5. Merkwürdigkeiten und Bemerkenswertes
Amerikas Straßenränder sind der Hort alles Skurrilen, Bizarren und Aussergewöhnlichen. Leider bin ich nicht dazu gekommen, die Elefanten zu fotografieren, die auf Säulen neben der Einfahrt eines Herrenhauses an der 278 zu sehen sind. Oder das Loch mit den Schrottautos. Oder die Friedhof der Wohnmobile ... das steht alles auf der Liste für ein anderes Mal.

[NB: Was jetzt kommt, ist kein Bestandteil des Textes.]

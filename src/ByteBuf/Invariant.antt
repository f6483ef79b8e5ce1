-- ===== src/ByteBuf/Invariant.antt =====
-- commons/ByteBuf.hpp: the invariant of the buffer, and the capacity that a packet needs.
use kiteq_client_cpp.Base.{
  ℕ, ◌+◌, ◌^◌, ◌≤◌, ◌<◌, ◌≡◌, ◌≢◌, refl, ap, List, [], ◌∷◌, some, length, arith, length-append,
}
use kiteq_client_cpp.ByteBuf.{
  ByteBuf, Platform, empty, sized, resize, clear, push_back, push_all, write_byte, write_short,
  write_int, write_long, write_bytes, add_writer_index,
}
use kiteq_client_cpp.ByteBuf.Fields.{push_all-buff, push_all-indices, write_bytes_lem}

-- The writer index is the end of the content, and the content fits the capacity.
pub record IsValid (b : ByteBuf) : Type 0 where
  pub at_end : b.writer_index ≡ length b.buff
  pub fits : length b.buff ≤ b.capacity

pub empty-IsValid : IsValid empty
unfolding empty
empty-IsValid = omega arith

pub sized-IsValid : (n : ℕ) → IsValid (sized n)
unfolding sized
sized-IsValid n = omega arith

pub resize-IsValid : {b : ByteBuf} (n : ℕ) → IsValid b → IsValid (resize b n)
unfolding resize
resize-IsValid n v = omega arith

module _ (pf : Platform) where
  push_all-fits :
      (b : ByteBuf) (cs : List ℕ)
      → length b.buff ≤ b.capacity
      → length (push_all pf b cs).buff ≤ (push_all pf b cs).capacity
  unfolding push_all push_back
  push_all-fits b [] h = h
  push_all-fits b (c ∷ cs) h =
      push_all-fits (push_back pf b c) cs
        (ground (arith, pf.lt-grow b.capacity, length-append b.buff (c ∷ [])))

  -- While there is room, pushing leaves the capacity.
  pub push_all-capacity :
      (b : ByteBuf) (cs : List ℕ)
      → length b.buff + length cs ≤ b.capacity
      → (push_all pf b cs).capacity ≡ b.capacity
  unfolding push_all push_back
  push_all-capacity b [] h = refl
  push_all-capacity b (c ∷ cs) h =
      ground (arith, length-append b.buff (c ∷ []), push_all-capacity (push_back pf b c) cs)

  pub appended-IsValid :
      {b : ByteBuf} (cs : List ℕ) (n : ℕ)
      → length cs ≡ n
      → length b.buff + n < 2 ^ 31
      → IsValid b
      → IsValid (add_writer_index (push_all pf b cs) n)
  unfolding add_writer_index
  appended-IsValid {b} cs n h small v = record {
    at_end = omega (
      arith,
      v.at_end,
      (push_all-indices pf b cs).1,
      ap length (push_all-buff pf b cs),
      length-append b.buff cs,
    );
    fits = push_all-fits b cs v.fits;
  }

  -- Writing a byte, a short, an int or a long to a valid buffer whose content and eight bytes
  -- more are fewer than 2^31 keeps it valid: its writer index, which wraps at 32 bits, is the
  -- end of its content, and the content fits the capacity.
  pub write-IsValid :
      {b : ByteBuf} (i : ℕ)
      → length b.buff + 8 < 2 ^ 31
      → IsValid b
      → IsValid (write_byte pf b i)
        × IsValid (write_short pf b i)
        × IsValid (write_int pf b i)
        × IsValid (write_long pf b i)
  unfolding write_byte write_short write_int write_long
  write-IsValid {b} i small v = (
    unfold push_all in appended-IsValid (i ∷ []) 1 refl (omega (arith, small)) v,
    appended-IsValid _ 2 refl (omega (arith, small)) v,
    appended-IsValid _ 4 refl (omega (arith, small)) v,
    appended-IsValid _ 8 refl (omega (arith, small)) v,
  )

  -- `writeBytes` of a whole array that leaves the buffer below 2^31 bytes reads nothing out of range
  -- and keeps the buffer valid.
  pub write_bytes-IsValid :
      {b : ByteBuf} (src : List ℕ)
      → length b.buff + length src < 2 ^ 31
      → IsValid b
      → (b' : ByteBuf) × (write_bytes pf b src (length src) ≡ some b') × IsValid b'
  write_bytes-IsValid {b} src h v = (
    _,
    write_bytes_lem pf b src (omega (arith, h, v.at_end)) (omega (arith, h)),
    appended-IsValid src (length src) refl h v,
  )

-- `clear` of a valid buffer that holds a byte leaves a buffer that is not valid: its indices
-- stay.
pub clear-not-IsValid : {b : ByteBuf} → IsValid b → b.buff ≢ [] → ¬ IsValid (clear b)
unfolding clear
clear-not-IsValid v some_bytes cleared = ground (arith, v.at_end, cleared.at_end)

Aber auch so hat es schon gereicht - ich habe immerhin den Sommerwohnsitz des Weihnachtsmannes gesehen, einen Jeep als Werbezeichen auf einem Pfahl und den Melonenstand, zu dem man einfach hinfährt, sich nimmt was man will und soviel Geld dort liegen läßt, wie man meint dass es angebracht sei.


6. Alabama the Beautiful
Und dann ist da noch die Schönheit des Landes. Naturbelassene Flüsse, überdachte Holzbrücken, ein Sonnenuntergang über einem Kornfeld mit einem Silo drin ... man muß nur die Augen auf machen und das Land in sein Herz lassen.